SELECT *: Avoid extravagance. Select only the required fields rather than SELECT *.
DISTINCT: Avoid using SELECT DISTINCT if possible. You rather creatively look out for other alternatives.
UNION: Avoid using UNION, instead use UNION ALL.
WILDCARDS: Avoid using wildcards at the beginning of a predicate. A predicate is a condition or expression that evaluates to a Boolean i.e. True or False, used for filtering in WHERE clause. A wildcard at the beginning of a search does not apply indexing, but runs a full table scan – which is costly.
FUNCTIONS: Avoid using functions in predicates e.g. WHERE len(surname) > 10. Here, len(surname) will not use index, hence slow. The solution is to ensure that you also index on the function. For example, CREATE INDEX len_idx ON table_name(LEN(suname)). This is called function-index or expression-index.
OR: Avoid using too many instances of “OR” in predicates.
WHERE: Avoid using WHERE for joining tables, Use JOIN rather than WHERE for joining tables. You need to understand INNER, LEFT, RIGHT, and CROSS JOINS very well.
JOINS: Avoid using too many JOINS in a query. The same also applies to too many subqueries.
ORDER BY: Avoid composite ORDER BY with different orders i.e. a mix of ASC and DESC. You may also combine this with INDEX to speed up the sorting.
INDEX: Avoid using non-indexed fields in predicates. Create INDEX for fields that you use for searching or filtering (i.e. where you use WHERE), JOINs and ORDER BY. In the same vein, avoid keeping unused INDEXES since they will unnecessarily slow down saves in a transactional system (OLTP). Note that indexes are updated every time a record is inserted, deleted or updated.

Conclusion

While the above tips may look trivial to some – and often taken for granted – they are indeed powerful tools in the day-to-day SQL assignments. They are pretty easy to implement as long as you can make them part of your practice.

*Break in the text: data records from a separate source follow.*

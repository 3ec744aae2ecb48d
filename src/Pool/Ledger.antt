-- ===== src/Pool/Ledger.antt =====
-- The futures: none is lost, and none is set twice.
use infly.Prelude.{
  ℕ, ◌+◌, ◌≤◌, ◌<◌, ◌≡◌, ◌≢◌, refl, sym, ◌∙◌, ◌⊎◌, inl, inr, true, false, Option, none, some,
  String, List, [], ◌∷◌, arith, All, AllPairs, Bool-cases, ◌==◌,
}
use infly.Prelude.Exec.{raise}
use infly.Dict.{Dict, get, insert, get-insert}
use infly.Core.Errors.{Exception, Outcome}
use infly.Core.Contracts.{TaskResult}
use infly.Pool.State.{is_in, Promises, is_done, settle, settle_once, fail_futures}

-- Every future that was set exists, and none was set twice.
pub record PromisesAreValid (ps : Promises) : Type 0 where
  pub below : All (λ e. e.0 < ps.created) ps.settled
  pub once : AllPairs (λ d e. d.0 ≢ e.0) ps.settled

differ_of_undone :
    (i : ℕ) (es : List (ℕ × Outcome TaskResult)) → is_done i es ≡ false → All (λ e. i ≢ e.0) es
unfolding is_done
differ_of_undone i [] h = tt
differ_of_undone i ((j, o) ∷ es) h = (λ e. ground arith, differ_of_undone i es (ground arith))

pub settle_once-PromisesAreValid :
    (i : ℕ) (o : Outcome TaskResult) (ps : Promises)
    → i < ps.created
    → PromisesAreValid ps
    → PromisesAreValid (settle_once i o ps)
unfolding settle_once
settle_once-PromisesAreValid i o ps h v = elim (Bool-cases (is_done i ps.settled)) [
  | inl done ↦ rw done v
  | inr open_ ↦
      rw open_
        (record { below = (h, v.below); once = (differ_of_undone i ps.settled open_, v.once) })
]

-- What `ps'` adds to `ps`: ends of futures, and futures that are abandoned.
pub record Extends (ps ps' : Promises) : Type 0 where
  pub created : ps'.created ≡ ps.created
  pub still : (i : ℕ) → is_done i ps.settled ≡ true → is_done i ps'.settled ≡ true
  pub lost : (i : ℕ) → is_in i ps.abandoned ≡ true → is_in i ps'.abandoned ≡ true

pub Extends-refl : (ps : Promises) → Extends ps ps
Extends-refl ps = record { created = refl; still = λ i h. h; lost = λ i h. h }

pub Extends-trans : (a b c : Promises) → Extends a b → Extends b c → Extends a c
Extends-trans a b c x y = record {
  created = y.created ∙ x.created;
  still = λ i h. y.still i (x.still i h);
  lost = λ i h. y.lost i (x.lost i h);
}

pub settle_once-Extends :
    (i : ℕ) (o : Outcome TaskResult) (ps : Promises) → Extends ps (settle_once i o ps)
unfolding settle_once is_done
settle_once-Extends i o ps = record {
  created = ground arith;
  still = λ j h. ground arith;
  lost = λ j h. ground arith;
}

pub settle_once_done :
    (i : ℕ) (o : Outcome TaskResult) (ps : Promises) → is_done i (settle_once i o ps).settled ≡ true
unfolding settle_once is_done
settle_once_done i o ps = ground arith

pub fail_futures-Extends :
    (fs : List ℕ) (e : Exception) (ps : Promises) → Extends ps (fail_futures fs e ps)
unfolding fail_futures
fail_futures-Extends [] e ps = Extends-refl ps
fail_futures-Extends (f ∷ fs) e ps =
    Extends-trans ps (settle_once f (raise e) ps) (fail_futures fs e (settle_once f (raise e) ps))
      (settle_once-Extends f (raise e) ps) (fail_futures-Extends fs e (settle_once f (raise e) ps))

pub fail_futures_done :
    (fs : List ℕ) (e : Exception) (ps : Promises)
    → All (λ f. is_done f (fail_futures fs e ps).settled ≡ true) fs
unfolding fail_futures
fail_futures_done [] e ps = tt
fail_futures_done (f ∷ fs) e ps =
    let next = settle_once f (raise e) ps in
    (
      (fail_futures-Extends fs e next).still f (settle_once_done f (raise e) ps),
      fail_futures_done fs e next,
    )

All_below : (n m : ℕ) (fs : List ℕ) → n ≡ m → All (λ f. f < n) fs → All (λ f. f < m) fs
All_below n m [] e a = tt
All_below n m (f ∷ fs) e a = (omega arith, All_below n m fs e a.1)

pub fail_futures-PromisesAreValid :
    (fs : List ℕ) (e : Exception) (ps : Promises)
    → All (λ f. f < ps.created) fs
    → PromisesAreValid ps
    → PromisesAreValid (fail_futures fs e ps)
unfolding fail_futures
fail_futures-PromisesAreValid [] e ps a v = v
fail_futures-PromisesAreValid (f ∷ fs) e ps a v =
    fail_futures-PromisesAreValid fs e (settle_once f (raise e) ps)
      (All_below ps.created (settle_once f (raise e) ps).created fs
        (sym (settle_once-Extends f (raise e) ps).created) a.1)
      (settle_once-PromisesAreValid f (raise e) ps a.0 v)

abbrev pub FutureIsBelow : Option ℕ → ℕ → Type 0
FutureIsBelow none n = Unit {0}
FutureIsBelow (some i) n = i < n

-- Where a future is: not made yet, done, waiting under a task, or abandoned.
abbrev pub Kept : ℕ → Dict ℕ → Promises → Type 0
Kept i futures ps =
    (ps.created ≤ i)
    ⊎ ((is_done i ps.settled ≡ true)
        ⊎ (((k : String) × (get k futures ≡ some i)) ⊎ (is_in i ps.abandoned ≡ true)))

-- Every future that was made is done, waits or is abandoned, and none was set twice.
pub record LedgerIsValid (futures : Dict ℕ) (ps : Promises) : Type 0 where
  pub promises : PromisesAreValid ps
  pub waiting : (k : String) → FutureIsBelow (get k futures) ps.created
  pub kept : (i : ℕ) → Kept i futures ps

abbrev pub DoneIfAny : Option ℕ → Promises → Type 0
DoneIfAny none ps = Unit {0}
DoneIfAny (some i) ps = is_done i ps.settled ≡ true

-- What has left the futures is done.
abbrev pub Drops : Dict ℕ → Dict ℕ → Promises → Type 0
Drops fs fs' ps =
    (k : String) → (get k fs' ≡ get k fs) ⊎ ((get k fs' ≡ none) × DoneIfAny (get k fs) ps)

pub drop-LedgerIsValid :
    (fs fs' : Dict ℕ) (ps ps' : Promises)
    → Drops fs fs' ps'
    → Extends ps ps'
    → PromisesAreValid ps'
    → LedgerIsValid fs ps
    → LedgerIsValid fs' ps'
drop-LedgerIsValid fs fs' ps ps' d x v l = record {
  promises = v;
  waiting = λ k. ground (arith, d k, l.waiting k, x.created);
  kept = λ i. go i (l.kept i);
}
  where
    held :
        (i : ℕ) (k : String)
        → get k fs ≡ some i
        → (get k fs' ≡ get k fs) ⊎ ((get k fs' ≡ none) × DoneIfAny (get k fs) ps')
        → Kept i fs' ps'
    held i k e (inl same) = inr (inr (inl (k, same ∙ e)))
    held i k e (inr (gone, done)) = inr (inl (rw e at done))

    go : (i : ℕ) → Kept i fs ps → Kept i fs' ps'
    go i (inl new) = inl (omega (arith, x.created))
    go i (inr (inl done)) = inr (inl (x.still i done))
    go i (inr (inr (inl (k, e)))) = held i k e (d k)
    go i (inr (inr (inr lost))) = inr (inr (inr (x.lost i lost)))

-- A new future that is set at once.
abbrev pub made : Promises → Promises
made ps = record ps { created = ps.created + 1 }

pub made-PromisesAreValid : (ps : Promises) → PromisesAreValid ps → PromisesAreValid (made ps)
made-PromisesAreValid ps v = record { below = go ps.settled v.below; once = v.once }
  where
    go :
        (es : List (ℕ × Outcome TaskResult))
        → All (λ e. e.0 < ps.created) es
        → All (λ e. e.0 < ps.created + 1) es
    go [] a = tt
    go (e ∷ es) a = (omega arith, go es a.1)

undone_of_below :
    (n : ℕ) (es : List (ℕ × Outcome TaskResult)) → All (λ e. e.0 < n) es → All (λ e. n ≢ e.0) es
undone_of_below n [] a = tt
undone_of_below n (e ∷ es) a = (λ q. omega arith, undone_of_below n es a.1)

pub settled_new-LedgerIsValid :
    (fs : Dict ℕ) (o : Outcome TaskResult) (ps : Promises)
    → LedgerIsValid fs ps
    → LedgerIsValid fs (settle ps.created o (made ps))
unfolding is_done
settled_new-LedgerIsValid fs o ps l =
    let v = made-PromisesAreValid ps l.promises in
    record {
      promises = record {
        below = (omega arith, v.below);
        once = (undone_of_below ps.created ps.settled l.promises.below, v.once);
      };
      waiting = λ k. ground (arith, l.waiting k);
      kept = λ i. go i (l.kept i);
    }
  where
    go : (i : ℕ) → Kept i fs ps → Kept i fs (settle ps.created o (made ps))
    go i (inl new) = ground arith
    go i (inr (inl done)) = inr (inl (ground arith))
    go i (inr (inr held)) = inr (inr held)

-- A new future that waits under a new task.
pub waiting_new-LedgerIsValid :
    (k : String) (fs : Dict ℕ) (ps : Promises)
    → get k fs ≡ none
    → LedgerIsValid fs ps
    → LedgerIsValid (insert k ps.created fs) (made ps)
waiting_new-LedgerIsValid k fs ps new l = record {
  promises = made-PromisesAreValid ps l.promises;
  waiting = λ j. ground (arith, l.waiting j, get-insert k j ps.created fs);
  kept = λ i. go i (l.kept i);
}
  where
    here : get k (insert k ps.created fs) ≡ some ps.created
    here = ground (arith, get-insert k k ps.created fs)

    go : (i : ℕ) → Kept i fs ps → Kept i (insert k ps.created fs) (made ps)
    go i (inl made_) = elim (Bool-cases (i == ps.created)) [
      | inl e ↦ inr (inr (inl (k, here ∙ ground arith)))
      | inr n ↦ inl (ground arith)
    ]
    go i (inr (inl done)) = inr (inl done)
    go i (inr (inr (inl (j, e)))) =
        inr (inr (inl (j, ground (arith, get-insert k j ps.created fs))))
    go i (inr (inr (inr lost))) = inr (inr (inr lost))
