-- ===== src/Prelude/Radix.antt =====
-- `Number.prototype.toString(radix)` and `BigInt.prototype.toString(radix)` on a non-negative
-- integer, `padStart`, and what the texts say of the number.
use native.Mathlib.Nat.{div-add-mod, div-lt_self}
use tableverse.Prelude.{
  ℕ, zero, suc, ◌+◌, ◌-◌, ◌*◌, ◌/◌, ◌%◌, ◌≤◌, ◌<◌, ◌≡◌, ◌≢◌, refl, sym, ap, ◌∙◌, List, [], ◌∷◌,
  ◌++◌, arith, ltb, Text, text, if◌then◌else◌, length, replicate, inl, inr, Bool-cases,
}

-- The code unit of a digit: `0` to `9`, then `a` to `z`.
unfoldable pub digit : ℕ → ℕ
digit d = if ltb d 10 then 48 + d else 87 + d

unfoldable pub digit_value : ℕ → ℕ
digit_value c = if ltb c 58 then c - 48 else c - 87

-- The digits of `n` in front of those at hand. A number below the fuel has rounds enough.
unfoldable pub digits_loop : ℕ → ℕ → ℕ → Text → Text
digits_loop radix zero n acc = acc
digits_loop radix (suc fuel) n acc =
    let rest = digits_loop radix fuel (n / radix) (digit (n % radix) ∷ acc) in
    if ltb n radix then digit n ∷ acc else rest

unfoldable pub to_string : ℕ → ℕ → Text
unfolding digits_loop digit
to_string radix n = digits_loop radix (n + 1) n []

-- `s.padStart(width, c)`
unfoldable pub pad_start : ℕ → ℕ → Text → Text
pad_start width c s = replicate (width - length s) c ++ s

-- The number that a text of digits stands for.
unfoldable pub value_from : ℕ → ℕ → Text → ℕ
value_from radix acc [] = acc
value_from radix acc (c ∷ s) = value_from radix (acc * radix + digit_value c) s

digit_value-digit : (d : ℕ) → digit_value (digit d) ≡ d
unfolding digit digit_value
digit_value-digit d = ground arith

value_from-digits_loop :
    (radix fuel n : ℕ) (s : Text)
    → 1 < radix
    → n < fuel
    → value_from radix 0 (digits_loop radix fuel n s) ≡ value_from radix n s
unfolding value_from digits_loop
value_from-digits_loop radix zero n s big lt = absurd (omega arith)
value_from-digits_loop radix (suc fuel) n s big lt = elim (Bool-cases (ltb n radix)) [
  | inl last ↦ rw last (ap (λ m. value_from radix m s) (omega (arith, digit_value-digit n)))
  | inr more ↦ rw more (
      value_from-digits_loop radix fuel (n / radix) (digit (n % radix) ∷ s) big
        (omega (arith, div-lt_self {n = n} {k = radix} (ground arith) big))
      ∙ ap (λ m. value_from radix m s)
          (omega (arith, digit_value-digit (n % radix), div-add-mod n radix)))
]

-- The digits read back as the number.
pub value_from-to_string : (radix n : ℕ) → 1 < radix → value_from radix 0 (to_string radix n) ≡ n
unfolding to_string value_from
value_from-to_string radix n big = value_from-digits_loop radix (n + 1) n [] big (omega arith)

pub to_string-injective :
    (radix m n : ℕ) → 1 < radix → to_string radix m ≡ to_string radix n → m ≡ n
to_string-injective radix m n big e =
    sym (value_from-to_string radix m big)
    ∙ ap (value_from radix 0) e
    ∙ value_from-to_string radix n big

abbrev pub All {ℓ κ} : {A : Type ℓ} → (A → Type κ) → List A → Type κ
All P [] = Unit
All P (x ∷ xs) = P x × All P xs

-- A code unit that a digit of a radix up to 36 can have: no `:`, no `,`, no `-` and no `|`.
abbrev pub IsDigit : ℕ → Type 0
IsDigit c = (48 ≤ c) × (c ≤ 122) × (58 ≢ c)

digit-IsDigit : (d : ℕ) → d < 36 → IsDigit (digit d)
unfolding digit
digit-IsDigit d h = ground arith

digits_loop-IsDigit :
    (radix fuel n : ℕ) (s : Text)
    → 0 < radix
    → radix ≤ 36
    → All IsDigit s
    → All IsDigit (digits_loop radix fuel n s)
unfolding digits_loop
digits_loop-IsDigit radix zero n s pos small h = h
digits_loop-IsDigit radix (suc fuel) n s pos small h = elim (Bool-cases (ltb n radix)) [
  | inl last ↦ rw last (digit-IsDigit n (ground arith), h)
  | inr more ↦ rw more (
      digits_loop-IsDigit radix fuel (n / radix) (digit (n % radix) ∷ s) pos small
        (digit-IsDigit (n % radix) (grind arith), h))
]

pub to_string-IsDigit : (radix n : ℕ) → 0 < radix → radix ≤ 36 → All IsDigit (to_string radix n)
unfolding to_string
to_string-IsDigit radix n pos small = digits_loop-IsDigit radix (n + 1) n [] pos small tt

-- Two texts that are cut at the first separator are equal part by part.
pub cut-injective :
    (separator : ℕ) (a b x y : Text)
    → All (λ c. separator ≢ c) a
    → All (λ c. separator ≢ c) b
    → a ++ separator ∷ x ≡ b ++ separator ∷ y
    → (a ≡ b) × (x ≡ y)
cut-injective separator [] [] x y p q e = (refl, cc)
cut-injective separator [] (c ∷ b) x y p q e = absurd (q.0 (cc))
cut-injective separator (c ∷ a) [] x y p q e = absurd (p.0 (cc))
cut-injective separator (c ∷ a) (d ∷ b) x y p q e =
    let (same, rest) = cut-injective separator a b x y p.1 q.1 (cc) in (cc, rest)

pub All-map {ℓ κ} :
    {A : Type ℓ} {P Q : A → Type κ} (xs : List A) → ((a : A) → P a → Q a) → All P xs → All Q xs
All-map [] f h = tt
All-map (x ∷ xs) f h = (f x h.0, All-map xs f h.1)

pub All-append {ℓ κ} :
    {A : Type ℓ} (P : A → Type κ) (xs ys : List A) → All P xs → All P ys → All P (xs ++ ys)
All-append P [] ys h k = k
All-append P (x ∷ xs) ys h k = (h.0, All-append P xs ys h.1 k)

pub All-replicate {ℓ κ} :
    {A : Type ℓ} (P : A → Type κ) (n : ℕ) (a : A) → P a → All P (replicate n a)
All-replicate P zero a h = tt
All-replicate P (suc n) a h = (h, All-replicate P n a h)

test_to_string : (to_string 10 2048 ≡ text "2048") × (to_string 16 48879 ≡ text "beef")
unfolding to_string
test_to_string = (refl, refl)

If properly implemented, you may gradually notice that your users will complain less about poor system performance.

Important hint about Index: Using index speeds up record retrieval ... it allows us to locate the exact data without scanning the whole table, just like in a text book.. Clustered index creates physical ordering of rows. Every primary key is automatically a clustered index, and there can be only one clustered index on a table at any one time. It is like a Dictionary, without a separate index page. To create another clustered index, first remove primary key and previous index. Non-Clustered index is an index structure separate from the data stored in a table that reorders one or more selected columns. The non-clustered index is created to improve the performance of frequently used queries not covered by a clustered index. It’s like a textbook, where the index page is created separately at the beginning of that book.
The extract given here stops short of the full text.